How do I read Sea-Doo fault codes without BUDS?
On most 2010+ Sea-Doo skis you can pull stored codes through the dash menu — hold MODE + SET while the key is on to access the diagnostic screen. The ski will display any active or stored codes. BUDS (the dealer scan tool) is required for live data and clearing some codes, but reading is doable from the dash.
What's the difference between P, B, C, and U codes on a Sea-Doo?
These are the standard OBD-II code categories Sea-Doo uses.
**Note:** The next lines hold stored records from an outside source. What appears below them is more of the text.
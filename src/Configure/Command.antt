-- ===== src/Configure/Command.antt =====
-- src/cli/configure.c: `configure_command`.
pub mod Phases
pub mod Trace
pub mod Quiet
pub mod Met
pub mod Gate
use libxdxgpu_container.Base.{
  ℕ, zero, suc, ◌+◌, Bool, true, false, not, ◌&&◌, ◌||◌, List, [], ◌∷◌, ◌++◌, map, Option, none,
  some, ltb, if◌then◌else◌, length, get_elem?,
}
use libxdxgpu_container.Libc.{Bytes, codes}
use libxdxgpu_container.Error.{Result, ok, err}
use libxdxgpu_container.Devices.{NvcDevice, NvcDeviceInfo, MigRef, Devices, new_devices}
use libxdxgpu_container.Devices.Select.{parent_of, select_devices}
use libxdxgpu_container.Devices.Wanted.{select_mig_config_devices, select_mig_monitor_devices}
use libxdxgpu_container.Configure.{
  Context, DriverVersions, Phase, nvc_init, nvc_init_kmods, nvc_container, nvc_info, nvc_mount,
  nvc_ldcache, nvc_shutdown, Call, permitted_capabilities, inheritable_capabilities,
  bounding_capabilities, effective_capabilities, allocate_configs, init, container_new,
  driver_info_new, device_info_new, allocate_devices, driver_mount, device_mount,
  mig_device_access_caps_mount, mig_config_global_caps_mount, mig_monitor_global_caps_mount,
  device_mig_caps_mount, ldcache_update, shutdown, release, History, Library, Step, done, warned,
  Run, run, ◌>>=◌, ◌>>◌, pure, call, check,
}
use libxdxgpu_container.Configure.Rules.{evaluate_devices}

-- The three selections of the command.
pub record Selections : Type 0 where
  pub visible : Devices
  pub mig_config : Devices
  pub mig_monitor : Devices

abbrev pub permission_error : Bytes
permission_error = codes "permission error: "

abbrev pub mount_error : Bytes
mount_error = codes "mount error: "

unfoldable pub set_phase : Library → Phase → Run (Unit {0})
unfolding call
set_phase lib phase = call lib permission_error (effective_capabilities phase)

-- The first three calls, behind which the command returns at once where one fails.
unfoldable pub restrict : Library → Run (Unit {0})
unfolding call
restrict lib =
    call lib permission_error permitted_capabilities
    >> call lib permission_error inheritable_capabilities
    >> call lib permission_error bounding_capabilities

-- The library, the container and the queries.
unfoldable pub prepare : Library → Context → Run (Unit {0})
unfolding call set_phase
prepare lib ctx =
    set_phase lib (if ctx.load_kmods then nvc_init_kmods else nvc_init)
    >> call lib (codes "memory allocation failed") allocate_configs
    >> call lib (codes "initialization error: ") (init ctx.init_flags)
    >> set_phase lib nvc_container
    >> call lib (codes "container error: ") (container_new ctx.container_flags)
    >> set_phase lib nvc_info
    >> call lib (codes "detection error: ") driver_info_new
    >> call lib (codes "detection error: ") device_info_new
    >> call lib (codes "memory allocation failed: ") (allocate_devices 0)
    >> call lib (codes "memory allocation failed: ") (allocate_devices 1)
    >> call lib (codes "memory allocation failed: ") (allocate_devices 2)

-- `if (dev->ngpus > 0)`. `outside` is the memory behind the text of the devices.
unfoldable pub select_visible : Bytes → Option Bytes → NvcDeviceInfo → Result Devices
unfolding select_devices new_devices
select_visible outside devices dev =
    if ltb 0 (length dev)
    then select_devices outside devices dev (new_devices dev)
    else ok (new_devices dev)

unfoldable pub select_monitor : Library → Context → Devices → Devices → Run Selections
unfolding select_mig_monitor_devices new_devices
select_monitor lib ctx visible config = do
  monitor ←
      check (codes "mig-monitor error: ")
        (select_mig_monitor_devices lib.dev ctx.mig_monitor visible (new_devices lib.dev))
  pure (record { visible = visible; mig_config = config; mig_monitor = monitor })

unfoldable pub select_config : Library → Context → Devices → Run Selections
unfolding select_mig_config_devices new_devices select_monitor
select_config lib ctx visible = do
  config ←
      check (codes "mig-config error: ")
        (select_mig_config_devices lib.dev ctx.mig_config visible (new_devices lib.dev))
  select_monitor lib ctx visible config

unfoldable pub select : Library → Bytes → Context → Run Selections
unfolding select_visible select_config
select lib outside ctx = do
  visible ← check (codes "device error: ") (select_visible outside ctx.devices lib.dev)
  select_config lib ctx visible

-- The devices that the requirements are evaluated for: the visible GPUs and the parents of the
-- visible MIG devices, or none where there are neither.
abbrev pub or_globally : List (Option NvcDevice) → List (Option NvcDevice)
or_globally [] = none ∷ []
or_globally (d ∷ ds) = d ∷ ds

unfoldable pub evaluated : NvcDeviceInfo → Devices → List (Option NvcDevice)
evaluated info visible = or_globally (
    map (λ (i : ℕ). get_elem? info i) visible.gpus
    ++ map (λ (m : MigRef). get_elem? info (parent_of info m)) visible.migs)

unfoldable pub require : Library → Context → Devices → Run (Unit {0})
unfolding evaluated evaluate_devices
require lib ctx visible =
    check (codes "requirement error: ")
      (evaluate_devices lib.drv ctx.reqs (evaluated lib.dev visible))

-- A loop of calls that stops at the first one that fails.
unfoldable pub each : Library → List Call → Run (Unit {0})
unfolding call
each lib [] = pure tt
each lib (c ∷ cs) = call lib mount_error c >> each lib cs

abbrev pub when : Bool → Run (Unit {0}) → Run (Unit {0})
when b m = if b then m else pure tt

-- `global` is called first; then every GPU that was selected.
unfoldable pub mount_mig_caps : Library → Call → Devices → Run (Unit {0})
unfolding call each
mount_mig_caps lib global d =
    when (d.all && ltb 0 (length d.gpus))
      (call lib mount_error global >> each lib (map (λ (i : ℕ). device_mig_caps_mount i) d.gpus))

unfoldable pub mount : Library → Selections → Run (Unit {0})
unfolding set_phase call each mount_mig_caps
mount lib s =
    set_phase lib nvc_mount
    >> call lib mount_error driver_mount
    >> each lib (map (λ (i : ℕ). device_mount i) s.visible.gpus)
    >> when (not s.mig_config.all && not s.mig_monitor.all)
        (each lib (map (λ (m : MigRef). mig_device_access_caps_mount m) s.visible.migs))
    >> mount_mig_caps lib mig_config_global_caps_mount s.mig_config
    >> mount_mig_caps lib mig_monitor_global_caps_mount s.mig_monitor

unfoldable pub finish : Library → Run (Unit {0})
unfolding set_phase call
finish lib =
    set_phase lib nvc_ldcache
    >> call lib (codes "ldcache error: ") ldcache_update
    >> set_phase lib nvc_shutdown

-- What follows the selection.
unfoldable pub configure : Library → Context → Selections → Run (Unit {0})
unfolding require mount finish
configure lib ctx s = require lib ctx s.visible >> (mount lib s >> finish lib)

-- All that `goto fail` leaves.
unfoldable pub body : Library → Bytes → Context → Run (Unit {0})
unfolding prepare select configure
body lib outside ctx = prepare lib ctx >> (do s ← select lib outside ctx; configure lib ctx s)

-- EXIT_SUCCESS or EXIT_FAILURE, and the text of the warning.
pub data Exit : Type 0 where
  exit_success : Exit
  exit_failure : Bytes → Exit

abbrev pub exit_of : Step (Unit {0}) → Exit
exit_of (done u) = exit_success
exit_of (warned text) = exit_failure text

-- The label `fail`: the library is shut down and everything is freed, however the body ended.
abbrev pub clean_up : History × Step (Unit {0}) → History × Exit
clean_up (h, s) = (release ∷ shutdown ∷ h, exit_of s)

abbrev pub unless_refused : Library → Bytes → Context → History × Step (Unit {0}) → History × Exit
unfolding body
unless_refused lib outside ctx (h, warned text) = (h, exit_failure text)
unless_refused lib outside ctx (h, done u) = clean_up (run (body lib outside ctx) h)

unfoldable pub configure_command : Library → Bytes → Context → History × Exit
unfolding restrict body
configure_command lib outside ctx = unless_refused lib outside ctx (run (restrict lib) [])
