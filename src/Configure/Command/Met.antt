-- ===== src/Configure/Command/Met.antt =====
-- src/cli/configure.c: for which devices the requirements are accepted.
use libxdxgpu_container.Base.{
  ℕ, ◌≡◌, refl, subst, inl, inr, List, [], ◌∷◌, ◌++◌, map, Option, none, some, All, get_elem?,
  Option-cases,
}
use libxdxgpu_container.Libc.{Bytes}
use libxdxgpu_container.Error.{ok, >>=-eq-ok}
use libxdxgpu_container.Devices.{NvcDevice, NvcMigDevice, NvcDeviceInfo, MigRef, Devices}
use libxdxgpu_container.Devices.Select.{parent_of}
use libxdxgpu_container.Dsl.{dsl_evaluate}
use libxdxgpu_container.Configure.{DriverVersions}
use libxdxgpu_container.Configure.Rules.{DslData, rules, evaluate_reqs, evaluate_devices}
use libxdxgpu_container.Configure.Command.{evaluated, or_globally}

-- Every requirement is accepted for the device, or without one.
abbrev pub Meets : DriverVersions → List Bytes → Option NvcDevice → Type 0
Meets drv reqs dev =
    All (λ (r : Bytes). dsl_evaluate r (rules (record { drv = some drv; dev = dev })) ≡ ok tt) reqs

-- Every requirement was evaluated for every one of the devices, and accepted.
abbrev pub Accepted : DriverVersions → List Bytes → List (Option NvcDevice) → Type 0
Accepted drv reqs devs = All (Meets drv reqs) devs

-- What is there, if something is, has `P`.
abbrev pub AtMostSome : {A : Type 0} → (A → Type 0) → Option A → Type 0
AtMostSome P none = Unit
AtMostSome P (some a) = P a

-- The requirements are accepted for the GPU that the MIG device names as its parent.
abbrev pub ParentMeets : DriverVersions → List Bytes → NvcDeviceInfo → MigRef → Type 0
ParentMeets drv reqs info (i, j) =
    AtMostSome
      (λ (gpu : NvcDevice).
        AtMostSome (λ (mig : NvcMigDevice). Meets drv reqs (get_elem? info mig.parent))
          (get_elem? gpu.mig_devices j))
      (get_elem? info i)

-- Where no device is visible, the requirements are accepted without one.
abbrev pub MeetsWithout : DriverVersions → List Bytes → List ℕ → List MigRef → Type 0
MeetsWithout drv reqs [] [] = Meets drv reqs none
MeetsWithout drv reqs [] (m ∷ migs) = Unit
MeetsWithout drv reqs (i ∷ gpus) migs = Unit

-- Every device that is selected meets the requirements.
abbrev pub MeetAll : DriverVersions → List Bytes → NvcDeviceInfo → List ℕ → List MigRef → Type 0
MeetAll drv reqs info gpus migs =
    All (λ (i : ℕ). Meets drv reqs (get_elem? info i)) gpus
    × All (ParentMeets drv reqs info) migs
    × MeetsWithout drv reqs gpus migs

module _ (drv : DriverVersions) (reqs : List Bytes) (info : NvcDeviceInfo) where
  parent_of-some :
      (i j : ℕ) {gpu : NvcDevice} {mig : NvcMigDevice}
      → get_elem? info i ≡ some gpu
      → get_elem? gpu.mig_devices j ≡ some mig
      → parent_of info (i, j) ≡ mig.parent
  parent_of-some i j e f = rw (parent_of, e) (rw f refl)

  parent_of-Meets :
      (m : MigRef)
      → Meets drv reqs (get_elem? info (parent_of info m))
      → ParentMeets drv reqs info m
  parent_of-Meets (i, j) h = elim (Option-cases (get_elem? info i)) [
    | inl e ↦ rw e tt
    | inr (gpu, e) ↦ elim (Option-cases (get_elem? gpu.mig_devices j)) [
      | inl f ↦ rw e (rw f tt)
      | inr (mig, f) ↦
          rw e (rw f (subst (λ k. Meets drv reqs (get_elem? info k)) (parent_of-some i j e f) h))
    ]
  ]

  parents_meet :
      (migs : List MigRef)
      → Accepted drv reqs (map (λ (m : MigRef). get_elem? info (parent_of info m)) migs)
      → All (ParentMeets drv reqs info) migs
  parents_meet [] h = tt
  parents_meet (m ∷ migs) (h, hs) = (parent_of-Meets m h, parents_meet migs hs)

  gpus_meet :
      (gpus : List ℕ) (devs : List (Option NvcDevice))
      → Accepted drv reqs (map (λ (i : ℕ). get_elem? info i) gpus ++ devs)
      → All (λ (i : ℕ). Meets drv reqs (get_elem? info i)) gpus × Accepted drv reqs devs
  gpus_meet [] devs h = (tt, h)
  gpus_meet (i ∷ gpus) devs (h, hs) = let (g, d) = gpus_meet gpus devs hs in ((h, g), d)

  or_globally-All :
      (devs : List (Option NvcDevice))
      → Accepted drv reqs (or_globally devs)
      → Accepted drv reqs devs
  or_globally-All [] h = tt
  or_globally-All (d ∷ devs) h = h

  without :
      (gpus : List ℕ) (migs : List MigRef)
      → Accepted drv reqs (
          or_globally (
            map (λ (i : ℕ). get_elem? info i) gpus
            ++ map (λ (m : MigRef). get_elem? info (parent_of info m)) migs))
      → MeetsWithout drv reqs gpus migs
  without [] [] h = h.0
  without [] (m ∷ migs) h = tt
  without (i ∷ gpus) migs h = tt

  pub evaluated-MeetAll :
      (visible : Devices)
      → Accepted drv reqs (evaluated info visible)
      → MeetAll drv reqs info visible.gpus visible.migs
  unfolding evaluated
  evaluated-MeetAll visible h =
      let (g, m) = gpus_meet visible.gpus _ (or_globally-All _ h) in
      (g, parents_meet visible.migs m, without visible.gpus visible.migs h)

evaluate_reqs-All :
    (d : DslData) (reqs : List Bytes)
    → evaluate_reqs d reqs ≡ ok tt
    → All (λ (r : Bytes). dsl_evaluate r (rules d) ≡ ok tt) reqs
unfolding evaluate_reqs
evaluate_reqs-All d [] h = tt
evaluate_reqs-All d (r ∷ reqs) h =
    let (u, e, k) = >>=-eq-ok (dsl_evaluate r (rules d)) (λ _. evaluate_reqs d reqs) h in
    (e, evaluate_reqs-All d reqs k)

pub evaluate_devices-Accepted :
    (drv : DriverVersions) (reqs : List Bytes) (devs : List (Option NvcDevice))
    → evaluate_devices drv reqs devs ≡ ok tt
    → Accepted drv reqs devs
unfolding evaluate_devices
evaluate_devices-Accepted drv reqs [] h = tt
evaluate_devices-Accepted drv reqs (dev ∷ devs) h =
    let d : DslData = record { drv = some drv; dev = dev } in
    let (u, e, k) = >>=-eq-ok (evaluate_reqs d reqs) (λ _. evaluate_devices drv reqs devs) h in
    (evaluate_reqs-All d reqs e, evaluate_devices-Accepted drv reqs devs k)
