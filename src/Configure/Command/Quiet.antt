-- ===== src/Configure/Command/Quiet.antt =====
-- Parts of the configure command that mount nothing, and those that do so on a condition.
use libxdxgpu_container.Base.{◌≡◌, refl, sym, ap, ◌∙◌, Bool, true, false, ◌||◌, [], ◌∷◌}
use libxdxgpu_container.Libc.{Bytes, codes}
use libxdxgpu_container.Error.{Result, ok, err}
use libxdxgpu_container.Configure.{
  Context, Phase, nvc_container, nvc_info, Call, permitted_capabilities, inheritable_capabilities,
  bounding_capabilities, effective_capabilities, allocate_configs, init, container_new,
  driver_info_new, device_info_new, allocate_devices, driver_mount, device_mount,
  mig_device_access_caps_mount, mig_config_global_caps_mount, mig_monitor_global_caps_mount,
  device_mig_caps_mount, History, Library, Step, done, warned, Run, run, ◌>>=◌, ◌>>◌, pure, call,
  check, and_then,
}
use libxdxgpu_container.Configure.Command.{set_phase, restrict, prepare, permission_error}

abbrev pub is_mount : Call → Bool
is_mount driver_mount = true
is_mount (device_mount i) = true
is_mount (mig_device_access_caps_mount m) = true
is_mount mig_config_global_caps_mount = true
is_mount mig_monitor_global_caps_mount = true
is_mount (device_mig_caps_mount i) = true
is_mount c = false

-- Something was mounted, or its mount was tried.
abbrev pub mounted : History → Bool
mounted [] = false
mounted (c ∷ h) = is_mount c || mounted h

-- A part of the command that mounts nothing.
pub record Quiet {A : Type 0} (m : Run A) : Type 0 where
  pub runs : (h : History) → mounted h ≡ false → mounted (run m h).0 ≡ false

-- A part of the command that mounts nothing unless `P` holds.
pub record Gated {A : Type 0} (P : Type 0) (m : Run A) : Type 0 where
  pub runs : (h : History) → mounted h ≡ false → mounted (run m h).0 ≡ true → P

pub Quiet-call :
    (lib : Library) (what : Bytes) (c : Call) → is_mount c ≡ false → Quiet (call lib what c)
unfolding call
Quiet-call lib what c e = record { runs = λ h q. rw e q }

pub Quiet-and_then :
    {A B : Type 0} (f : A → Run B) (x : History × Step A)
    → ((a : A) → Quiet (f a))
    → mounted x.0 ≡ false
    → mounted (and_then f x).0 ≡ false
Quiet-and_then f (h, done a) k q = (k a).runs h q
Quiet-and_then f (h, warned text) k q = q

pub Quiet-then : {A B : Type 0} (m : Run A) (k : Run B) → Quiet m → Quiet k → Quiet (m >> k)
Quiet-then m k q r = record {
  runs = λ h n. Quiet-and_then (λ _. k) (run m h) (λ _. r) (q.runs h n);
}

pub Gated-and_then :
    {A B : Type 0} (P : Type 0) (f : A → Run B) (x : History × Step A)
    → ((a : A) → Gated P (f a))
    → mounted x.0 ≡ false
    → mounted (and_then f x).0 ≡ true
    → P
Gated-and_then P f (h, done a) k q m = (k a).runs h q m
Gated-and_then P f (h, warned text) k q m = cc

pub Gated-then :
    {A B : Type 0} (P : Type 0) (m : Run A) (k : Run B) → Quiet m → Gated P k → Gated P (m >> k)
Gated-then P m k q g = record {
  runs = λ h n. Gated-and_then P (λ _. k) (run m h) (λ _. g) (q.runs h n);
}

pub Gated-bind :
    {A B : Type 0} (P : Type 0) (what : Bytes) (r : Result A) (f : A → Run B)
    → ((a : A) → r ≡ ok a → Gated P (f a))
    → Gated P (check what r >>= f)
Gated-bind P what (ok a) f k = record { runs = λ h q m. (k a refl).runs h q m }
Gated-bind P what (err e) f k = record { runs = λ h q m. cc }

pub Gated-here : {A : Type 0} (P : Type 0) (m : Run A) → P → Gated P m
Gated-here P m p = record { runs = λ h q n. p }

pub and_then_assoc :
    {A B C : Type 0} (f : A → Run B) (g : B → Run C) (x : History × Step A)
    → and_then g (and_then f x) ≡ and_then (λ a. f a >>= g) x
and_then_assoc f g (h, done a) = refl
and_then_assoc f g (h, warned text) = refl

pub Gated-assoc :
    {A B C : Type 0} (P : Type 0) (m : Run A) (f : A → Run B) (g : B → Run C)
    → Gated P (m >>= λ a. f a >>= g)
    → Gated P ((m >>= f) >>= g)
Gated-assoc P m f g k = record {
  runs = λ h q n. k.runs h q (sym (ap (λ x. mounted x.0) (and_then_assoc f g (run m h))) ∙ n);
}

pub Gated-pure :
    {A B : Type 0} (P : Type 0) (a : A) (f : A → Run B) → Gated P (f a) → Gated P (pure a >>= f)
Gated-pure P a f g = record { runs = λ h q m. g.runs h q m }

pub Quiet-restrict : (lib : Library) → Quiet (restrict lib)
unfolding restrict
Quiet-restrict lib =
    Quiet-then _ _
      (Quiet-then _ _ (Quiet-call lib permission_error permitted_capabilities refl)
        (Quiet-call lib permission_error inheritable_capabilities refl))
      (Quiet-call lib permission_error bounding_capabilities refl)

pub Quiet-set_phase : (lib : Library) (p : Phase) → Quiet (set_phase lib p)
unfolding set_phase
Quiet-set_phase lib p = Quiet-call lib permission_error (effective_capabilities p) refl

pub Quiet-prepare : (lib : Library) (ctx : Context) → Quiet (prepare lib ctx)
unfolding prepare
Quiet-prepare lib ctx =
    Quiet-then _ _
      (Quiet-then _ _
        (Quiet-then _ _
          (Quiet-then _ _
            (Quiet-then _ _
              (Quiet-then _ _
                (Quiet-then _ _
                  (Quiet-then _ _
                    (Quiet-then _ _
                      (Quiet-then _ _ (Quiet-set_phase lib _)
                        (Quiet-call lib (codes "memory allocation failed") allocate_configs refl))
                      (Quiet-call lib (codes "initialization error: ") (init ctx.init_flags) refl))
                    (Quiet-set_phase lib nvc_container))
                  (Quiet-call lib (codes "container error: ") (container_new ctx.container_flags)
                    refl))
                (Quiet-set_phase lib nvc_info))
              (Quiet-call lib (codes "detection error: ") driver_info_new refl))
            (Quiet-call lib (codes "detection error: ") device_info_new refl))
          (Quiet-call lib (codes "memory allocation failed: ") (allocate_devices 0) refl))
        (Quiet-call lib (codes "memory allocation failed: ") (allocate_devices 1) refl))
      (Quiet-call lib (codes "memory allocation failed: ") (allocate_devices 2) refl)
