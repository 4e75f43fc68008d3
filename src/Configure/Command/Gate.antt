-- ===== src/Configure/Command/Gate.antt =====
-- Nothing is mounted unless the requirements of the container are met.
use libxdxgpu_container.Base.{◌≡◌, refl, sym, ◌∙◌, true, false, []}
use libxdxgpu_container.Libc.{Bytes, codes}
use libxdxgpu_container.Error.{ok}
use libxdxgpu_container.Devices.{Devices, new_devices}
use libxdxgpu_container.Devices.Wanted.{select_mig_config_devices, select_mig_monitor_devices}
use libxdxgpu_container.Configure.{
  Context, History, Library, Step, done, warned, run, ◌>>=◌, ◌>>◌, pure, check,
}
use libxdxgpu_container.Configure.Rules.{evaluate_devices}
use libxdxgpu_container.Configure.Command.{
  Selections, restrict, select_visible, evaluated, select_monitor, select_config, select, configure,
  require, mount, finish, body, configure_command, clean_up, unless_refused,
}
use libxdxgpu_container.Configure.Command.Met.{
  MeetAll, evaluated-MeetAll, evaluate_devices-Accepted,
}
use libxdxgpu_container.Configure.Command.Quiet.{
  mounted, Gated-then, Gated-bind, Gated-here, Gated-assoc, Gated-pure, Quiet-restrict,
  Quiet-prepare, Gated,
}

-- The visible devices are selected without an error, and meet every requirement.
abbrev pub IsCleared : Library → Bytes → Context → Type 0
IsCleared lib outside ctx =
    (visible : Devices) × (select_visible outside ctx.devices lib.dev ≡ ok visible)
    × MeetAll lib.drv ctx.reqs lib.dev visible.gpus visible.migs

Gated-configure :
    (lib : Library) (outside : Bytes) (ctx : Context) (s : Selections)
    → select_visible outside ctx.devices lib.dev ≡ ok s.visible
    → Gated (IsCleared lib outside ctx) (configure lib ctx s)
unfolding configure require
Gated-configure lib outside ctx s e =
    Gated-bind (IsCleared lib outside ctx) (codes "requirement error: ")
      (evaluate_devices lib.drv ctx.reqs (evaluated lib.dev s.visible))
      (λ _. mount lib s >> finish lib)
      (λ u a. Gated-here _ _ (
        s.visible,
        e,
        evaluated-MeetAll lib.drv ctx.reqs lib.dev s.visible
            (evaluate_devices-Accepted lib.drv ctx.reqs _ a),
      ))

Gated-select_monitor :
    (lib : Library) (outside : Bytes) (ctx : Context) (visible config : Devices)
    → select_visible outside ctx.devices lib.dev ≡ ok visible
    → Gated
        (IsCleared lib outside ctx)
        (select_monitor lib ctx visible config >>= λ s. configure lib ctx s)
unfolding select_monitor
Gated-select_monitor lib outside ctx visible config e =
    let P = IsCleared lib outside ctx in
    let r = select_mig_monitor_devices lib.dev ctx.mig_monitor visible (new_devices lib.dev) in
    let s : Devices → Selections =
      λ monitor. record { visible = visible; mig_config = config; mig_monitor = monitor } in
    Gated-assoc P (check (codes "mig-monitor error: ") r) (λ monitor. pure (s monitor))
      (λ x. configure lib ctx x)
      (Gated-bind P (codes "mig-monitor error: ") r
        (λ monitor. pure (s monitor) >>= λ x. configure lib ctx x)
        (λ monitor g.
          Gated-pure P (s monitor) (λ x. configure lib ctx x)
            (Gated-configure lib outside ctx (s monitor) e)))

Gated-select_config :
    (lib : Library) (outside : Bytes) (ctx : Context) (visible : Devices)
    → select_visible outside ctx.devices lib.dev ≡ ok visible
    → Gated (IsCleared lib outside ctx) (select_config lib ctx visible >>= λ s. configure lib ctx s)
unfolding select_config
Gated-select_config lib outside ctx visible e =
    let P = IsCleared lib outside ctx in
    let r = select_mig_config_devices lib.dev ctx.mig_config visible (new_devices lib.dev) in
    Gated-assoc P (check (codes "mig-config error: ") r)
      (λ config. select_monitor lib ctx visible config) (λ x. configure lib ctx x)
      (Gated-bind P (codes "mig-config error: ") r
        (λ config. select_monitor lib ctx visible config >>= λ x. configure lib ctx x)
        (λ config f. Gated-select_monitor lib outside ctx visible config e))

Gated-select :
    (lib : Library) (outside : Bytes) (ctx : Context)
    → Gated (IsCleared lib outside ctx) (select lib outside ctx >>= λ s. configure lib ctx s)
unfolding select
Gated-select lib outside ctx =
    let P = IsCleared lib outside ctx in
    let r = select_visible outside ctx.devices lib.dev in
    Gated-assoc P (check (codes "device error: ") r) (λ visible. select_config lib ctx visible)
      (λ x. configure lib ctx x)
      (Gated-bind P (codes "device error: ") r
        (λ visible. select_config lib ctx visible >>= λ x. configure lib ctx x)
        (λ visible e. Gated-select_config lib outside ctx visible e))

Gated-body :
    (lib : Library) (outside : Bytes) (ctx : Context)
    → Gated (IsCleared lib outside ctx) (body lib outside ctx)
unfolding body
Gated-body lib outside ctx =
    Gated-then (IsCleared lib outside ctx) _ _ (Quiet-prepare lib ctx)
      (Gated-select lib outside ctx)

clean_up-mounted : (x : History × Step (Unit {0})) → mounted (clean_up x).0 ≡ mounted x.0
clean_up-mounted (h, done u) = refl
clean_up-mounted (h, warned text) = refl

-- If the configure command tries any mount, then the visible devices were selected without an
-- error, and every requirement was accepted for each visible GPU, for the GPU that each visible MIG
-- device names as its parent, and, where no device is visible, without a device.
pub configure_command-IsCleared :
    (lib : Library) (outside : Bytes) (ctx : Context)
    → mounted (configure_command lib outside ctx).0 ≡ true
    → IsCleared lib outside ctx
unfolding configure_command
configure_command-IsCleared lib outside ctx m =
    go (run (restrict lib) []) ((Quiet-restrict lib).runs [] refl) m
  where
    go :
        (x : History × Step (Unit {0}))
        → mounted x.0 ≡ false
        → mounted (unless_refused lib outside ctx x).0 ≡ true
        → IsCleared lib outside ctx
    go (h, warned text) q n = cc
    go (h, done u) q n =
        (Gated-body lib outside ctx).runs h q
          (sym (clean_up-mounted (run (body lib outside ctx) h)) ∙ n)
P-codes = powertrain (engine, fuel, sensors). B-codes = body (gauges, switches, lights). C-codes = chassis (iBR, suspension on Spark TRIXX). U-codes = network/communication (CAN bus between modules). The letter tells you which system is reporting the fault.
How do I clear Sea-Doo fault codes?
Fix the cause first — clearing a code without fixing the underlying fault just makes it come back. Once the cause is resolved, some codes self-clear after a few key cycles. Stubborn ones need BUDS or a comparable tool to reset. Disconnecting the battery does NOT reliably clear Sea-Doo codes the way it does on a car.
What is the most common Sea-Doo fault code?
P0107 / P0108 (MAP sensor) and P0117 / P0118 (coolant temp sensor) are the most common we see. Both are usually a connector issue or a $40 sensor swap — not a major repair. Supercharger-related codes (P0299, P0234) are more serious and point to the ceramic washer or the supercharger itself.
Can a fault code stop my Sea-Doo from starting?
Yes. Critical codes — anything triggering limp mode, an overheat shutdown, or a security/DESS fault — will prevent the engine from cranking or running. Most sensor codes will let you run but in a reduced power mode. The beep pattern usually tells you the severity before the code does.